Qantas: First US-Australia biofuel flight takes off

By Qantas | January 29, 2018

The world’s first dedicated biofuel flight between the United States and Australia, QF96 from Los Angeles to Melbourne, was scheduled to depart Jan. 29.

The historic trans-Pacific 15 hour flight will operate with approximately 24,000 kilograms of blended biofuel, saving 18,000 kilograms in carbon emissions.

Qantas will use biofuel processed from Brassica Carinata, a non-food, industrial type of mustard seed, developed by Canadian-based agricultural-technology company, Agrisoma Biosciences.

The flight is part of the partnership announced in 2017 which will also see the companies work with Australian farmers to grow the country’s first commercial aviation biofuel seed crop by 2020.

Qantas International CEO Alison Webster said it was fitting that the airline’s game-changing Dreamliner 787-9 will showcase the future of sustainable aviation.

“The Qantas Dreamliner marks an exciting new era of innovation and travel. The aircraft is more fuel efficient and generates fewer greenhouse emissions than similarly sized-aircraft and today’s flight will see a further reduction on this route.

“Our partnership with Agrisoma marks a big step in the development of a renewable jetfuel industry in Australia—it is a project we are really proud to be part of as we look at ways to reduce carbon emissions across our operations.”

Across its lifecycle, using Carinata-derived biofuel can reduce carbon emissions by 80 percent compared to traditional jet fuel.

The 10 percent biofuel blend used on today’s flight will therefore see a 7 percent reduction in emissions on this route compared to normal operations.

Carinita requires no specialized production or processing techniques.

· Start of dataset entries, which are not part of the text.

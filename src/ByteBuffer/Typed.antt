-- ===== src/ByteBuffer/Typed.antt =====
-- common/ByteBuffer.h: what the writing operations of a buffer leave.
pub mod Calls
pub mod Runs
use morfeusz.Base.{
  Yields, Yields-bind, ℕ, zero, suc, ◌+◌, ◌-◌, ◌*◌, ◌^◌, ◌≤◌, ◌<◌, ◌≡◌, refl, sym, ap, ◌∙◌, inl,
  inr, List, [], ◌∷◌, ◌++◌, subst, Option, none, some, ◌>>=◌, ltb, leb, ◌==◌, Bool-cases, arith,
  length, true, false, if◌then◌else◌, take, drop, replicate, length-append, Option-cases,
  eq_of_some, length-take, length-drop, length-replicate, le_bytes, length-le_bytes, le_value,
  le_bytes-le_value, AllBytes, AllBytes-le_bytes, AllBytes-append, AllBytes-take, AllBytes-drop,
  AllBytes-replicate,
}
use morfeusz.Endian.{Host, endian_convert, store, endian_convert-store, load, load-endian_convert}
use morfeusz.ByteBuffer.{
  ByteBuffer, empty, resize_to, write_at, block, size, append_bytes, append, append_string,
  append_buffer, put_bytes, put, read_at, read, read_bytes, read_string_loop, read_string, resize,
}
use morfeusz.ByteBuffer.Append.{length-write_at, length-resize_to}

-- A vector of bytes with both positions inside it.
pub record IsBuffer (b : ByteBuffer) : Type 0 where
  pub bytes : AllBytes b.storage
  pub rpos_inside : b.rpos ≤ length b.storage
  pub wpos_inside : b.wpos ≤ length b.storage

resize_to-AllBytes : (n : ℕ) (xs : List ℕ) → AllBytes xs → AllBytes (resize_to n xs)
unfolding resize_to
resize_to-AllBytes n xs h =
    AllBytes-append (take n xs) _ (AllBytes-take n xs h) (AllBytes-replicate (n - length xs))

write_at-AllBytes :
    (xs : List ℕ) (pos : ℕ) (src : List ℕ)
    → AllBytes xs
    → AllBytes src
    → AllBytes (write_at xs pos src)
unfolding write_at
write_at-AllBytes xs pos src h k =
    AllBytes-append (take pos xs) _ (AllBytes-take pos xs h)
      (AllBytes-append src _ k (AllBytes-drop (pos + length src) xs h))

pub resize-IsBuffer : (n : ℕ) (b : ByteBuffer) → IsBuffer b → IsBuffer (resize n b)
unfolding resize
resize-IsBuffer n b is = record {
  bytes = resize_to-AllBytes n b.storage is.bytes;
  rpos_inside = omega arith;
  wpos_inside = omega arith;
}

pub put_bytes-IsBuffer :
    (pos : ℕ) (src : List ℕ) (b : ByteBuffer)
    → AllBytes src
    → IsBuffer b
    → Yields IsBuffer (put_bytes pos src b)
unfolding put_bytes
put_bytes-IsBuffer pos src b h is = elim (Bool-cases (leb (pos + length src) (size b))) [
  | inl e ↦
      (let same = length-write_at b.storage pos src (ground arith) in
        rw e (record {
          bytes = write_at-AllBytes b.storage pos src is.bytes h;
          rpos_inside = omega (arith, same, is.rpos_inside);
          wpos_inside = omega (arith, same, is.wpos_inside);
        }))
  | inr e ↦ rw e tt
]

written-IsBuffer :
    (grown src : List ℕ) (b : ByteBuffer)
    → AllBytes grown
    → AllBytes src
    → b.wpos + length src ≤ length grown
    → b.rpos ≤ length grown
    → IsBuffer (record b { storage = write_at grown b.wpos src; wpos = b.wpos + length src })
written-IsBuffer grown src b h k room inside =
    let same = length-write_at grown b.wpos src room in
    record {
      bytes = write_at-AllBytes grown b.wpos src h k;
      rpos_inside = omega (arith, same);
      wpos_inside = omega (arith, same);
    }

pub append_bytes-IsBuffer :
    (src : List ℕ) (b : ByteBuffer)
    → AllBytes src
    → IsBuffer b
    → Yields IsBuffer (append_bytes src b)
unfolding append_bytes
append_bytes-IsBuffer src b h is =
    let size_of = length-resize_to (b.wpos + length src) b.storage in
    elim (Bool-cases (length src == 0)) [
      | inl e ↦ rw e is
      | inr e ↦ elim (Bool-cases (ltb (size b) 10000000)) [
        | inr f ↦ rw (e, f) tt
        | inl f ↦ elim (Bool-cases (ltb (size b) (b.wpos + length src))) [
          | inl g ↦
              rw (e, f, g)
                (written-IsBuffer _ src b (resize_to-AllBytes _ b.storage is.bytes) h (omega arith)
                  (ground arith))
          | inr g ↦ rw (e, f, g) (written-IsBuffer _ src b is.bytes h (ground arith) is.rpos_inside)
        ]
      ]
    ]

pub integer-AllBytes : (host : Host) (n v : ℕ) → AllBytes (endian_convert host n (store host n v))
integer-AllBytes host n v = rw (endian_convert-store host n v).0 (AllBytes-le_bytes n v)

pub append-IsBuffer :
    (host : Host) (n v : ℕ) (b : ByteBuffer) → IsBuffer b → Yields IsBuffer (append host n v b)
unfolding append
append-IsBuffer host n v b is = append_bytes-IsBuffer _ b (integer-AllBytes host n v) is

pub append_string-IsBuffer :
    (host : Host) (text : List ℕ) (b : ByteBuffer)
    → AllBytes text
    → IsBuffer b
    → Yields IsBuffer (append_string host text b)
unfolding append_string
append_string-IsBuffer host text b h is =
    Yields-bind IsBuffer IsBuffer (append_bytes text b) _ (append_bytes-IsBuffer text b h is)
      (λ a k. append-IsBuffer host 1 0 a k)

pub append_buffer-IsBuffer :
    (other b : ByteBuffer) → IsBuffer other → IsBuffer b → Yields IsBuffer (append_buffer other b)
unfolding append_buffer
append_buffer-IsBuffer other b h is = elim (Bool-cases (0 == size other)) [
  | inl e ↦ rw e is
  | inr e ↦ rw e (append_bytes-IsBuffer other.storage b h.bytes is)
]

It is water efficient and The University of Queensland field trials in Gatton, Queensland, and in Bordertown, South Australia, have demonstrated it should do very well in the Australian climate.

It is sown in either fallow areas where food crops fail or in between regular crop cycles, known as “cover cropping.”  Rotational or break-crops can improve soil quality, reduce erosion for food crops and provide farmers with additional income.

Agrisoma CEO, Steve Fabijanski, said biofuel produced from Carinata provides wide ranging benefits.

“Biojet fuel made from Carinata delivers both oil for biofuel and protein for animal nutrition while also enhancing the soil it’s grown in.

“We are excited about the potential of the crop in Australia and look forward to working with local farmers and Qantas to develop a clean energy source for the local aviation industry.”

Qantas’ first trans-Pacific biofuel flight was made possible with the support of AltAir Fuels and World Fuel Services.

QF96 will depart LAX on Jan. 28 and arrive in Melbourne on Jan. 30 (local time).